Here, we explored the relationships between longitudinal change in PP and cognitive performance in multiple cognitive domains over 5 years and how these relationships were influenced by initial (baseline) blood pressure (BP). We identified subgroups of individuals with distinct PP trajectories over time and compared their relationships with change in cognition over the same period. As an increase in PP typically reflects significant vascular remodeling and stiffening, we hypothesized that those with increasing PP over time would have a greater decline in cognition. Further, because the impact of arterial health on brain health likely varies across the age spectrum of late life, we assessed whether the relationship between change in PP and cognition differed in the young-old and old-old. Finally, we accounted for the potential effects of participant loss over time, which is inevitable and likely nonrandom in longitudinal studies.

Methods

Subjects

The Monongahela–Youghiogheny Healthy Aging Team is an epidemiologic study of cognitive decline and dementia in an age-stratified, random sample drawn from the voter registration list of small town communities in Southwestern Pennsylvania [25]. Details of sampling, recruitment, and cohort characteristics have been previously reported [25]. Inclusion criteria were age 65 or older, not residing in a long-term care facility at study entry, no substantial sensory impairment, and no decisional incapacity. Initial screening was performed on 2036 participants, of whom 54 were excluded from the full evaluation based on substantial baseline cognitive impairment (<21 on age and education-adjusted mini-mental state examination [MMSE]) [26], [27]. The full evaluation was conducted on the remaining 1982 participants who had a mean (SD) age of 77.6 (7.4) years; were 61.1% women and 94.8% of mixed European descent; and had a median educational level of high school graduate. For the present analyses, we further excluded another 32 individuals whose full evaluation revealed severe cognitive impairment at study entry, leaving 1954 total participants for the analyses reported here. All procedures were approved by the University of Pittsburgh Institutional Review Board and all participants provided written informed consent.

Clinical evaluation

At study entry and each follow-up visit, trained research staff performed comprehensive in-home evaluations including medical history (self-report of diagnosis by health care professional), current and past alcohol and tobacco use, current medications, a brief physical examination, neurologic evaluation, and cognitive testing (see below). At each study visit, blood pressure was measured approximately 90 minutes after the start of the visit by a trained interviewer according to protocol. After the appropriate cuff size was determined, the participant's blood pressure was measured using an aneroid sphygmomanometer and stethoscope. Before the BP reading was taken, the participant was in a seated position for at least 5 minutes with feet flat on the floor. A second reading was taken after having the participant stand for at least 3 minutes. If SBP was >175 mm Hg or DBP was >100 mm Hg in either position, a repeat measurement was performed later in the physical examination. The BP variable used here represents an average of the total measurements taken at each visit.
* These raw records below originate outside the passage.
-- ===== src/Single/Ended.antt =====
-- contracts/proposal/dao-proposal-single/src/contract.rs: which stored proposals a veto, an execution
-- and a closure end, and what is stored afterwards.
use dao_contracts.Prelude.{
  ℕ, ◌<◌, ◌≡◌, ◌≢◌, refl, ap, sym, ◌∙◌, Bool, true, ◌⊎◌, inl, inr, some, some-injective, List, [],
  ◌∷◌, ◌++◌, ok_or-eq-ok, ok_or, ok-injective, arith, ==_iff, ==_apart, if-cases, ok, >>=-then,
  map_err-eq-ok,
}
use mathlib.Core.Path.{subst}
use dao_contracts.Cosmwasm.{Addr, CosmosMsg, Expiration, BlockInfo, CwUtils}
use dao_contracts.Voting.Status.{
  Status, open_for_votes, passed, executed, closed, vetoed, veto_timelock,
}
use dao_contracts.Voting.Veto.{VetoConfig}
use dao_contracts.Single.Proposal.{SingleChoiceProposal, update_status}
use dao_contracts.Single.Proposal.Update.{update_status-current}
use dao_contracts.Single.Proposal.Reasons.{
  Undecided, HasPassed, IsTimelocked, IsRejected, Reason, current_status-Reason,
}
use dao_contracts.Single.State.{Config, State, Chain, std_or, std, no_such_proposal}
use dao_contracts.Single.Messages.{SubMsg, execute_proposal_hook}
use dao_contracts.Single.Contract.Finish.{
  finish, execute_veto, execute_close, can_execute, check_executable, execution_messages,
  execute_execute,
}
use dao_contracts.Single.Finished.{
  Finished, StatusVetoable, StatusExecutable, execute_veto-Finished, execute_close-Finished,
  execute_execute-Finished,
}

-- The proposal that was stored has a new status, and nothing else is changed.
pub record Ended (id : ℕ) (st : Status) (s s' : State) (before : SingleChoiceProposal)
    : Type 0 where
  pub known : s.proposals id ≡ some before
  pub stored : s'.proposals id ≡ some (record before { status = st })
  pub others : (j : ℕ) → id ≢ j → s'.proposals j ≡ s.proposals j
  pub rest : record s' { proposals = s.proposals } ≡ s

-- The messages of a proposal are what the first of the submessages has the DAO execute.
abbrev pub Sends : Config → List CosmosMsg → List SubMsg → Type 0
Sends config [] sent = Unit
Sends config (m ∷ msgs) sent =
    (first : SubMsg) × (rest : List SubMsg) × (sent ≡ first ∷ rest)
    × (first.to ≡ some config.dao)
    × (first.payload ≡ execute_proposal_hook (m ∷ msgs))

execution_messages-Sends :
    (cw : CwUtils) (block : BlockInfo) (chain : Chain) (id : ℕ) (msgs : List CosmosMsg)
    (config : Config) (hooks : List SubMsg)
    → Sends config msgs (execution_messages cw block chain id msgs config ++ hooks)
unfolding execution_messages
execution_messages-Sends cw block chain id [] config hooks = tt
execution_messages-Sends cw block chain id (m ∷ msgs) config hooks = (_, hooks, refl, refl, refl)

-- The end of each of the handlers does that.
Finished-Ended :
    {cw : CwUtils} {block : BlockInfo} {id : ℕ} {st : Status} {s s' : State}
    {Allowed : SingleChoiceProposal → Type 0}
    → (f : Finished cw block id st s s' Allowed) → Ended id st s s' f.before
unfolding finish
Finished-Ended {cw} {block} {id} {st} {s} {s'} f =
    let (same, now) = update_status-current cw f.before f.current block f.updated in
    subst (λ x. Ended id st s x f.before) (sym f.result)
      (record {
        known = f.known;
        stored =
            rw ((==_iff id id).1 refl)
              (ap (λ (q : SingleChoiceProposal). some (record q { status = st })) (sym same));
        others = λ j differ. rw (==_apart id j differ) refl;
        rest = refl;
      })

Finished-Reason :
    {cw : CwUtils} {block : BlockInfo} {id : ℕ} {st : Status} {s s' : State}
    {Allowed : SingleChoiceProposal → Type 0}
    → (f : Finished cw block id st s s' Allowed) → Reason cw block f.before (f.current).status
Finished-Reason {cw} {block} f =
    let (same, now) = update_status-current cw f.before f.current block f.updated in
    current_status-Reason cw block f.before (f.current).status now

-- The configurations and the rest of a proposal are as stored.
veto-updated :
    (cw : CwUtils) (block : BlockInfo) (before current : SingleChoiceProposal)
    → update_status cw before block ≡ ok current
    → current.veto ≡ before.veto
veto-updated cw block before current h =
    let (same, now) = update_status-current cw before current block h in
    ap (λ (q : SingleChoiceProposal). q.veto) (sym same)

module _ (cw : CwUtils) (block : BlockInfo) where
  -- Who may execute a passed proposal: anyone, or if only members may, who had power at its start
  abbrev pub MayExecute : Chain → Config → Addr → SingleChoiceProposal → Type 0
  MayExecute chain config sender p =
      config.only_members_execute ≡ true
      → (power : ℕ) × (chain.voting_power config.dao sender p.start_height ≡ ok power) × (0 < power)

  -- Who may execute a timelocked proposal: its vetoer, if that is configured
  abbrev pub MayExecuteEarly : Addr → SingleChoiceProposal → Type 0
  MayExecuteEarly sender p =
      (c : VetoConfig) × (p.veto ≡ some c) × (c.vetoer ≡ sender) × (c.early_execute ≡ true)

  abbrev pub Executable : Chain → Config → Addr → SingleChoiceProposal → Type 0
  Executable chain config sender p =
      (HasPassed cw block p × MayExecute chain config sender p)
      ⊎ ((e : Expiration) × IsTimelocked cw block p e × MayExecuteEarly sender p)

  -- What the vetoer may veto: a timelocked proposal, and an undecided one if that is configured
  abbrev pub VetoableNow : Addr → SingleChoiceProposal → Type 0
  VetoableNow sender p =
      (c : VetoConfig) × (p.veto ≡ some c)
      × (c.vetoer ≡ sender)
      × (((e : Expiration) × IsTimelocked cw block p e)
          ⊎ (Undecided cw block p × (c.veto_before_passed ≡ true)))

  can_execute-MayExecute :
      (chain : Chain) (config : Config) (sender : Addr) (p : SingleChoiceProposal)
      → can_execute cw block chain config sender p ≡ ok true
      → MayExecute chain config sender p
  unfolding can_execute
  can_execute-MayExecute chain config sender p h only =
      elim (if-cases config.only_members_execute _ _ h) [
        | inl (_, members) ↦
            >>=-then (std_or (chain.voting_power config.dao sender p.start_height)) _ members
              λ power e some_power. (power, map_err-eq-ok std _ e, ground arith)
        | inr (anyone, _) ↦ cc
      ]

  execute_execute-Sends :
      (chain : Chain) (sender : Addr) (id : ℕ) (s : State) (r : State × List SubMsg)
      (before : SingleChoiceProposal)
      → s.proposals id ≡ some before
      → execute_execute cw block chain sender id s ≡ ok r
      → Sends s.config before.msgs r.1
  unfolding execute_execute
  execute_execute-Sends chain sender id s r before known h =
      >>=-then (ok_or (s.proposals id) (no_such_proposal id)) _ h λ prop stored h1.
        >>=-then (can_execute cw block chain s.config sender prop) _ h1 λ can _ h2.
          >>=-then (std_or (update_status cw prop block)) _ h2 λ p up h3.
            >>=-then (check_executable cw block chain can sender p p.status) _ h3 λ _ _ e.
              let (same, _) = update_status-current cw prop p block (map_err-eq-ok std _ up) in
              let found : prop ≡ before =
                some-injective
                  (sym (ok_or-eq-ok (s.proposals id) (no_such_proposal id) stored) ∙ known) in
              let msgs : p.msgs ≡ before.msgs =
                ap (λ (q : SingleChoiceProposal). q.msgs) (sym same)
                ∙ ap (λ (q : SingleChoiceProposal). q.msgs) found in
              subst (λ (x : State × List SubMsg). Sends s.config before.msgs x.1) (ok-injective e)
                (subst
                  (λ l. Sends s.config l (
                    execution_messages cw block chain id p.msgs s.config
                    ++ (finish id p executed s).1))
                  msgs
                  (execution_messages-Sends cw block chain id p.msgs s.config
                    (finish id p executed s).1))

  StatusExecutable-Executable :
      (chain : Chain) (config : Config) (sender : Addr) (p : SingleChoiceProposal) (can : Bool)
      (st : Status)
      → Reason cw block p st
      → can_execute cw block chain config sender p ≡ ok can
      → StatusExecutable can sender p.veto st
      → Executable chain config sender p
  StatusExecutable-Executable chain config sender p can passed why may allowed =
      inl (why, can_execute-MayExecute chain config sender p (may ∙ ap ok allowed))
  StatusExecutable-Executable chain config sender p can (veto_timelock e) why may allowed =
      inr (e, why, allowed)
  StatusExecutable-Executable chain config sender p can _ why may allowed = absurd allowed

  StatusVetoable-now :
      (p : SingleChoiceProposal) (c : VetoConfig) (st : Status)
      → Reason cw block p st
      → StatusVetoable cw block c st
      → ((e : Expiration) × IsTimelocked cw block p e)
        ⊎ (Undecided cw block p × (c.veto_before_passed ≡ true))
  StatusVetoable-now p c open_for_votes why allowed = inr (why, allowed)
  StatusVetoable-now p c (veto_timelock e) why allowed = inl (e, why)
  StatusVetoable-now p c _ why allowed = absurd allowed

  module _ (sender : Addr) (id : ℕ) (s : State) (r : State × List SubMsg) where
    -- An execution that is accepted is of a proposal that has passed and whose timelock, if there
    -- is one, is over, by a sender who may execute; or of one whose timelock runs, by its vetoer,
    -- who may execute early. It has the DAO execute the messages of the proposal, stores the
    -- proposal as executed, and changes nothing else.
    pub execute_execute-Ended :
        (chain : Chain)
        → execute_execute cw block chain sender id s ≡ ok r
        → (before : SingleChoiceProposal) × Ended id executed s r.0 before
          × Sends s.config before.msgs r.1
          × Executable chain s.config sender before
    execute_execute-Ended chain h =
        let f = execute_execute-Finished cw block sender id s r chain h in
        let (can, (before, known, may), allowed) = f.allowed in
        let same : before ≡ f.before = some-injective (sym known ∙ f.known) in
        (
          f.before,
          Finished-Ended f,
          execute_execute-Sends chain sender id s r f.before f.known h,
          StatusExecutable-Executable chain s.config sender f.before can (f.current).status
              (Finished-Reason f)
              (subst (λ p. can_execute cw block chain s.config sender p ≡ ok can) same may)
              (subst (λ v. StatusExecutable can sender v (f.current).status)
                (veto-updated cw block f.before f.current f.updated) allowed),
        )

    -- A veto that is accepted is by the vetoer of the proposal, of a proposal whose timelock runs, or
    -- of one that is not decided if that is configured. It stores the proposal as vetoed, and
    -- changes nothing else.
    pub execute_veto-Ended :
        execute_veto cw block sender id s ≡ ok r
        → (before : SingleChoiceProposal) × Ended id vetoed s r.0 before × VetoableNow sender before
    execute_veto-Ended h =
        let f = execute_veto-Finished cw block sender id s r h in
        let (c, found, vetoer, allowed) = f.allowed in
        (
          f.before,
          Finished-Ended f,
          (
            c,
            sym (veto-updated cw block f.before f.current f.updated) ∙ found,
            vetoer,
            StatusVetoable-now f.before c (f.current).status (Finished-Reason f) allowed,
          ),
        )

    -- A closure that is accepted is of a proposal that is rejected: it is stored so, or it is open,
    -- the votes have not passed it, and they have rejected it or the voting is over. It stores the
    -- proposal as closed, and changes nothing else.
    pub execute_close-Ended :
        execute_close cw block sender id s ≡ ok r
        → (before : SingleChoiceProposal) × Ended id closed s r.0 before
          × IsRejected cw block before
    execute_close-Ended h =
        let f = execute_close-Finished cw block sender id s r h in
        (f.before, Finished-Ended f, subst (Reason cw block f.before) f.allowed (Finished-Reason f))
PP was calculated as SBP-DBP. Participants were classified as hypertensive if they had SBP >140 or DBP >90 or if taking antihypertensive medications. The vascular-related factors included a self-report of physician-diagnosed myocardial infarction, hypertension, congestive heart failure, cardiac related procedures, transient ischemic attack, stroke, diabetes, and elevated cholesterol.

Cognitive evaluation

The cognitive evaluation consisted of multiple tests in the domains of attention/processing speed, executive function, language, learning and memory, and a single test for visuospatial function. For each domain, a composite Z-score was estimated as the mean of individual Z-scores by test, standardized to raw score means and SDs of the cohort at baseline [25]. Slope of cognitive change in each domain for each individual over time was estimated from a linear mixed model with random intercept and random slope of time.

Diagnostic category

Using the Clinical Dementia Rating scale (CDR) [28], participants were rated as having no dementia (CDR = 0), possible/very mild dementia (equivalent to mild cognitive impairment; CDR = 0.5), and dementia (CDR ≥1). We restricted the analytic sample at baseline to individuals with CDR <1.

Statistical methods

See detailed statistical methods in the Supplementary Material.

Trajectories of pulse pressure measurements

We used latent-class random-intercept linear models to identify longitudinal trajectories of pulse pressure (PP) over six annual assessment cycles (including the number of distinct trajectory groups and the trajectory pattern for each group), Fig. 1 (Supplementary Material). Bayesian information criteria were used to determine the number of distinct trajectory groups. Analyses were performed using the package lcmm through R v3.1.0.

Fig. 1

Class-specific mean latent process predicted trajectory for the four pulse pressure patterns.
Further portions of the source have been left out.